Faz alguns anos que assisti ao filme e Liam Neeson era o protagonista.
A trama aborda as questões políticas e sociais, a ética cristã acima da
moral, sociedade indiferente. Um livro grandioso, intenso que mexe com as
emoções e juízo de valor, onde personagens sedentos por justiça e oportunidades
se enfrentam com os frios e obstinados, numa cruzada entre valores morais, éticos, hipocrisia social, a dura e cruel realidade social e seus desiguais. Para entender o enredo um breve resumo sobre os personagens
centrais:
Jean Valjean - preso e condenado pelo roubo de um pão.
Personagem principal em que gira a trama, condenado
por roubar um pão,
para alimentar sua irmã. Posto em liberdade após dezenove anos de prisão.
Rejeitado pela sociedade por ser um ex-presidiário, ao conhecer o Bispo Myriel
muda sua vida por completo, pois, ele lhe dá oportunidade de uma construir uma
nova história. E então, assume uma nova identidade para seguir uma vida honesta, tornando-se proprietário de uma fábrica e prefeito.
Bienvenu, Bispo de Digne (Charles François Bienvenu Myriel)
Um sacerdote idoso e gentil, promovido a bispo por um encontro casual com Napoleão. Ele salva Valjean de ser preso após roubar sua prata e o convence a mudar de comportamento.
Fantine
A costureirinha parisiense abandonada com uma filha pequena pelo seu amante Félix Tholomyès. Fantine deixa sua filha Cosette aos cuidados dos Thénardiers, estalajadeiros em uma aldeia chamada Montfermeil. Infelizmente, Sra. Thénardier mima suas próprias filhas e abusa de Cosette.

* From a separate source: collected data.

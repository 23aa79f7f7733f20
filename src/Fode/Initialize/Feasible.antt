-- ===== src/Fode/Initialize/Feasible.antt =====
-- The initial population of an admitted case consists of feasible layouts.
use fode_hpc_wflop.Base.{
  ℕ, zero, suc, ◌+◌, ◌≤◌, ◌<◌, ◌≡◌, ◌≢◌, refl, ap, ◌∙◌, Bool, true, false, List, [], ◌∷◌, length,
  arith, ltb, All, take, map, pos, length-take, length-map, range, range_from, length-range_from,
}
use fode_hpc_wflop.Base.Sort.{stable_sort, length-stable_sort}
use fode_hpc_wflop.Base.Sort.Laws.{
  Ascends, All-take, All-map, All-map_of, stable_sort-All, stable_sort-DistinctBy, DistinctBy,
  DistinctBy-map, Distinct, Distinct-take, stable_sort-Climbs, Climbs, Climbs-Distinct,
}
use fode_hpc_wflop.Case.{CaseData}
use fode_hpc_wflop.Double.{Double}
use fode_hpc_wflop.Rng.Generator.{Generator}
use fode_hpc_wflop.Fode.Phase
use fode_hpc_wflop.Fode.Grid.{
  free_cells, IsFree, IsCase, IsFeasible, IsLayoutRow, IsPopulation, ReturnsPopulation,
}
use fode_hpc_wflop.Fode.Grid.Masks.{count_marks, IsUnmarked, IsUnmarked-first, All-IsUnmarked-cons}
use fode_hpc_wflop.Fode.Grid.Unavailable.{HasMask, unavailable_mask-HasMask}
use fode_hpc_wflop.Fode.Initialize.{key_before, keyed_from, selected, initialize_population}

free_cells-IsUnmarked : (cell : ℕ) (bs : List Bool) → All (IsUnmarked cell bs) (free_cells cell bs)
unfolding free_cells
free_cells-IsUnmarked cell [] = tt
free_cells-IsUnmarked cell (true ∷ bs) =
    All-IsUnmarked-cons cell true bs _ (free_cells-IsUnmarked (suc cell) bs)
free_cells-IsUnmarked cell (false ∷ bs) = (
  IsUnmarked-first cell bs,
  All-IsUnmarked-cons cell false bs _ (free_cells-IsUnmarked (suc cell) bs),
)

length-free_cells :
    (cell : ℕ) (bs : List Bool) → length (free_cells cell bs) + count_marks bs ≡ length bs
unfolding free_cells
length-free_cells cell [] = refl
length-free_cells cell (b ∷ bs) = ground (arith, length-free_cells (suc cell) bs)

free_cells-Ascends :
    (previous cell : ℕ) (bs : List Bool) → previous < cell → Ascends previous (free_cells cell bs)
unfolding free_cells
free_cells-Ascends previous cell [] h = tt
free_cells-Ascends previous cell (true ∷ bs) h =
    free_cells-Ascends previous (suc cell) bs (omega arith)
free_cells-Ascends previous cell (false ∷ bs) h =
    (h, free_cells-Ascends cell (suc cell) bs (omega arith))

abbrev second : ℕ × ℕ → ℕ
second k = k.1

module _ (rng : Generator) where
  keyed_from-All :
      (P : ℕ → Type 0) (phase individual i : ℕ) (cells : List ℕ)
      → All P cells
      → All (λ k. P (second k)) (keyed_from rng phase individual i cells)
  unfolding keyed_from
  keyed_from-All P phase individual i [] h = tt
  keyed_from-All P phase individual i (c ∷ cells) (h, hs) =
      (h, keyed_from-All P phase individual (suc i) cells hs)

  keyed_from-DistinctBy :
      (phase individual i : ℕ) (cells : List ℕ)
      → Distinct cells
      → DistinctBy second (keyed_from rng phase individual i cells)
  unfolding keyed_from
  keyed_from-DistinctBy phase individual i [] d = tt
  keyed_from-DistinctBy phase individual i (c ∷ cells) (h, d) = (
    keyed_from-All (λ y. y ≢ c) phase individual (suc i) cells h,
    keyed_from-DistinctBy phase individual (suc i) cells d,
  )

  length-keyed_from :
      (phase individual i : ℕ) (cells : List ℕ)
      → length (keyed_from rng phase individual i cells) ≡ length cells
  unfolding keyed_from
  length-keyed_from phase individual i [] = refl
  length-keyed_from phase individual i (c ∷ cells) =
      ap suc (length-keyed_from phase individual (suc i) cells)

  module _ (phase : ℕ) (available : List ℕ) (dimension individual : ℕ) where
    abbrev keyed : List (ℕ × ℕ)
    keyed = stable_sort key_before (keyed_from rng phase individual 0 available)

    abbrev pub drawn : List ℕ
    drawn = take dimension (map second keyed)

    pub length-drawn : dimension ≤ length available → length drawn ≡ dimension
    length-drawn h = omega (
      arith,
      length-take dimension (map second keyed),
      length-map second keyed,
      length-stable_sort key_before (keyed_from rng phase individual 0 available),
      length-keyed_from phase individual 0 available,
    )

    pub drawn-All : (P : ℕ → Type 0) → All P available → All P drawn
    drawn-All P h = All-take P dimension (map second keyed) (
        All-map P second keyed (
          stable_sort-All key_before (λ k. P (second k)) _
            (keyed_from-All P phase individual 0 available h)))

    pub drawn-Distinct : Distinct available → Distinct drawn
    drawn-Distinct d = Distinct-take dimension (map second keyed) (
        DistinctBy-map second keyed (
          stable_sort-DistinctBy key_before second _
            (keyed_from-DistinctBy phase individual 0 available d)))

    pub length-selected :
        dimension ≤ length available
        → length (selected rng phase available dimension individual) ≡ dimension
    unfolding selected
    length-selected h = length-stable_sort ltb drawn ∙ length-drawn h

    pub selected-All :
        (P : ℕ → Type 0)
        → All P available
        → All P (selected rng phase available dimension individual)
    unfolding selected
    selected-All P h = stable_sort-All ltb P _ (drawn-All P h)

    pub selected-Climbs :
        (low : ℕ)
        → All (λ c. low ≤ c) available
        → Distinct available
        → Climbs low (selected rng phase available dimension individual)
    unfolding selected
    selected-Climbs low h d =
        stable_sort-Climbs low _ (drawn-All (λ c. low ≤ c) h) (drawn-Distinct d)

  selected-IsFeasible :
      {W : Type 0} (farm : CaseData W) (m : HasMask farm) (phase individual : ℕ)
      → IsFeasible farm (selected rng phase (free_cells 1 m.mask) farm.turbine_count individual)
  selected-IsFeasible farm m phase individual = record {
    complete =
        length-selected phase available farm.turbine_count individual
          (omega (arith, m.room, length-free_cells 1 m.mask));
    ascends =
        selected-Climbs phase available farm.turbine_count individual 1
          (All-map_of (IsUnmarked 1 m.mask) (λ c. 1 ≤ c) (λ c u. u.above) available unmarked)
          (Climbs-Distinct 1 available (free_cells-Ascends 0 1 m.mask (omega arith)));
    free =
        selected-All phase available farm.turbine_count individual (IsFree farm)
          (All-map_of (IsUnmarked 1 m.mask) (IsFree farm) m.sound available unmarked);
  }
    where
      available : List ℕ
      available = free_cells 1 m.mask

      unmarked : All (IsUnmarked 1 m.mask) available
      unmarked = free_cells-IsUnmarked 1 m.mask

module _ {W : Type 0} ⦃D : Double W⦄ (rng : Generator) (farm : CaseData W) (m : HasMask farm)
    (phase : ℕ) where
  abbrev pub row_of : ℕ → List W
  row_of individual =
      map (λ cell. D.of_int (pos cell))
        (selected rng phase (free_cells 1 m.mask) farm.turbine_count individual)

  rows-layouts : (i n : ℕ) → All (IsLayoutRow farm) (map row_of (range_from i n))
  rows-layouts i zero = tt
  rows-layouts i (suc n) = (
    record { cells = _; spelled = refl; feasible = selected-IsFeasible rng farm m phase i },
    rows-layouts (suc i) n,
  )

  pub rows_of-IsPopulation :
      (population_size : ℕ) → IsPopulation farm population_size (map row_of (range population_size))
  rows_of-IsPopulation population_size = record {
    layouts = rows-layouts 0 population_size;
    count = length-map row_of (range population_size) ∙ length-range_from 0 population_size;
  }

-- For every generator and every admitted case, `initialize_population` returns as many rows as it
-- is asked for, and each of them is a feasible layout.
pub initialize_population-Returns :
    {W : Type 0} ⦃D : Double W⦄ (rng : Generator) (farm : CaseData W) (population_size : ℕ)
    → IsCase farm
    → ReturnsPopulation farm population_size (initialize_population rng population_size farm)
unfolding initialize_population
initialize_population-Returns rng farm population_size valid = record {
  rows = map (row_of rng farm m Phase.initial_key) (range population_size);
  returned =
      let enough : ltb (length (free_cells 1 m.mask)) farm.turbine_count ≡ false =
        ground (arith, m.room, length-free_cells 1 m.mask) in
      rw (m.returned) (rw enough);
  population = rows_of-IsPopulation rng farm m Phase.initial_key population_size;
}
  where
    m : HasMask farm
    m = unavailable_mask-HasMask farm valid
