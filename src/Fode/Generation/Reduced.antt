-- ===== src/Fode/Generation/Reduced.antt =====
-- The linear reduction keeps the state well formed, and never makes the population larger.
use fode_hpc_wflop.Base.{
  ltb, ◌==◌, ltb→lt, Bool-cases, length, get_or, length-map, Result, ok, ℕ, ◌≤◌, ◌<◌, ◌≡◌, refl,
  ◌∙◌, subst, inl, inr, true, List, [], ◌∷◌, map, arith,
}
use fode_hpc_wflop.Case.{CaseData}
use fode_hpc_wflop.Double.{Double}
use fode_hpc_wflop.Rng.Generator.{Generator}
use fode_hpc_wflop.Fode.Grid.{Matrix}
use fode_hpc_wflop.Fode.State.{State, History}
use fode_hpc_wflop.Fode.Survivors.{survivor_rows, retain_rows}
use fode_hpc_wflop.Fode.Survivors.Count.{retain_rows-Retains, length-survivor_rows}
use fode_hpc_wflop.Fode.Generation.{reduced, reduce, planned_population, retain_history}
use fode_hpc_wflop.Fode.Generation.Kept.{IsHistory, IsState}

pub record Reduced {W : Type 0} ⦃D : Double W⦄ (farm : CaseData W) (initial : ℕ) (s : State W)
    (r : Result (State W)) : Type 0 where
  pub state : State W
  pub returned : r ≡ ok state
  pub same_physical : state.physical_fes ≡ s.physical_fes
  pub same_legacy : state.legacy_fes ≡ s.legacy_fes
  pub not_larger : state.population_size ≤ s.population_size
  pub kept : IsState farm initial state

-- A matrix that is not empty gets as many rows as there are to keep.
record RetainsRows {W : Type 0} (size : ℕ) (r : Result (Matrix W)) : Type 0 where
  matrix : Matrix W
  returned : r ≡ ok matrix
  long : length matrix ≡ size

retain_rows-RetainsRows :
    {W : Type 0} (matrix : Matrix W) (keep : List ℕ) (old_rows : ℕ)
    → 0 < old_rows
    → length matrix ≡ old_rows
    → RetainsRows (length keep) (retain_rows matrix keep old_rows)
unfolding retain_rows
retain_rows-RetainsRows [] keep old_rows h e = absurd (omega arith)
retain_rows-RetainsRows (row ∷ rows) keep old_rows h e =
    let same : (length (row ∷ rows) == old_rows) ≡ true = ground arith in
    record {
      matrix = map (λ r. get_or (row ∷ rows) r []) keep;
      returned = rw same;
      long = length-map (λ r. get_or (row ∷ rows) r []) keep;
    }

record RetainsHistory {W : Type 0} (size : ℕ) (r : Result (History W)) : Type 0 where
  history : History W
  returned : r ≡ ok history
  aligned : IsHistory size history

retain_history-Retains :
    {W : Type 0} (h : History W) (keep : List ℕ) (old_rows : ℕ)
    → IsHistory old_rows h
    → RetainsHistory (length keep) (retain_history h keep old_rows)
unfolding retain_history
retain_history-Retains h keep old_rows v =
    let a = retain_rows-Retains h.h1 keep old_rows v.h1 in
    let b = retain_rows-Retains h.h2 keep old_rows v.h2 in
    let c = retain_rows-Retains h.h3 keep old_rows v.h3 in
    let d = retain_rows-Retains h.h4 keep old_rows v.h4 in
    record {
      history = record { h1 = a.matrix; h2 = b.matrix; h3 = c.matrix; h4 = d.matrix };
      returned = rw (a.returned, b.returned, c.returned, d.returned);
      aligned = record { h1 = a.rows; h2 = b.rows; h3 = c.rows; h4 = d.rows };
    }

module _ {W : Type 0} ⦃D : Double W⦄ (rng : Generator) (rounds : ℕ) (farm : CaseData W)
    (budget initial minimum : ℕ) where
  planned_low :
      (legacy_fes : ℕ)
      → minimum ≤ planned_population rng rounds farm budget initial minimum legacy_fes
  unfolding planned_population
  planned_low legacy_fes = omega arith

  pub reduce-Reduced :
      (s : State W)
      → 3 ≤ minimum
      → IsState farm initial s
      → Reduced farm initial s (reduce rng rounds farm budget initial minimum s)
  unfolding reduce reduced
  reduce-Reduced s m v = elim (Bool-cases (ltb planned s.population_size)) [
    | inr enough ↦ rw enough (record {
      state = s;
      returned = refl;
      same_physical = refl;
      same_legacy = refl;
      not_larger = omega arith;
      kept = v;
    })
    | inl smaller ↦ rw smaller (record {
      state =
          reduced rng rounds farm budget initial minimum s planned keep rows.matrix dp.history
            da.history;
      returned = rw (rows.returned, dp.returned, da.returned);
      same_physical = refl;
      same_legacy = refl;
      not_larger = omega (arith, ltb→lt _ _ smaller);
      kept = record {
        rows = rows.long ∙ kept smaller;
        values = length-map _ keep ∙ kept smaller;
        large = omega (arith, planned_low s.legacy_fes);
        small = omega (arith, ltb→lt _ _ smaller, v.small);
        memory = v.memory;
        dp = subst (λ n. IsHistory n dp.history) (kept smaller) dp.aligned;
        da = subst (λ n. IsHistory n da.history) (kept smaller) da.aligned;
        best = v.best;
      };
    })
  ]
    where
      planned : ℕ
      planned = planned_population rng rounds farm budget initial minimum s.legacy_fes

      keep : List ℕ
      keep = survivor_rows s.fitness planned

      kept : ltb planned s.population_size ≡ true → length keep ≡ planned
      kept e = length-survivor_rows s.fitness planned (omega (arith, ltb→lt _ _ e, v.values))

      rows : RetainsRows (length keep) (retain_rows s.population keep s.population_size)
      rows =
          retain_rows-RetainsRows s.population keep s.population_size (omega (arith, v.large))
            v.rows

      dp : RetainsHistory (length keep) (retain_history s.dp keep s.population_size)
      dp = retain_history-Retains s.dp keep s.population_size v.dp

      da : RetainsHistory (length keep) (retain_history s.da keep s.population_size)
      da = retain_history-Retains s.da keep s.population_size v.da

Fantine encontra trabalho na fábrica de Madeleine, mas a supervisora descobre que ela é uma mãe solteira e a demite.Para atender às exigências de dinheiro dos Thénardiers, ela vende o seu cabelo, e depois os seus dois dentes da frente e, finalmente, acaba na prostituição. Valjean toma conhecimento de sua situação quando Javert ia prendê-la por atacar um homem que, a insultou e atirou neve em suas costas.
Cosette - filha de Fantine.
(Euphrasie, Cotovia, Ursule, Senhora Pontmercy)
A filha ilegítima de Fantine e Tholomyès. Entre a idade de três a oito anos, ela é espancada e obrigada a trabalhar para os Thénardier.
Javert - inspetor de polícia
Um inspetor de polícia obsessivo que sempre persegue e perde Valjean de vista.
Ele se disfarça por trás da barricada, mas é descoberto e desmascarado por Valjean que tem a chance de matá-lo, mas ele o deixa ir. Mais tarde, Javert permite que Valjean escape por poupar sua vida.
Pela primeira vez, Javert está em uma situação na qual ele desrespeita a lei.
Seu conflito interior o levará a medidas extremas.
Thénardier (Jondrette, Senhor Fabantou, Senhor
Thénard)
Um estalajadeiro corrupto e sua esposa. Eles têm cinco filhos: duas filhas
(Éponine e Azelma) e três filhos (Gavroche e dois filhos mais jovens não
identificados). Eles cuidam de Cosette em seus primeiros anos, maltratando e abusando dela.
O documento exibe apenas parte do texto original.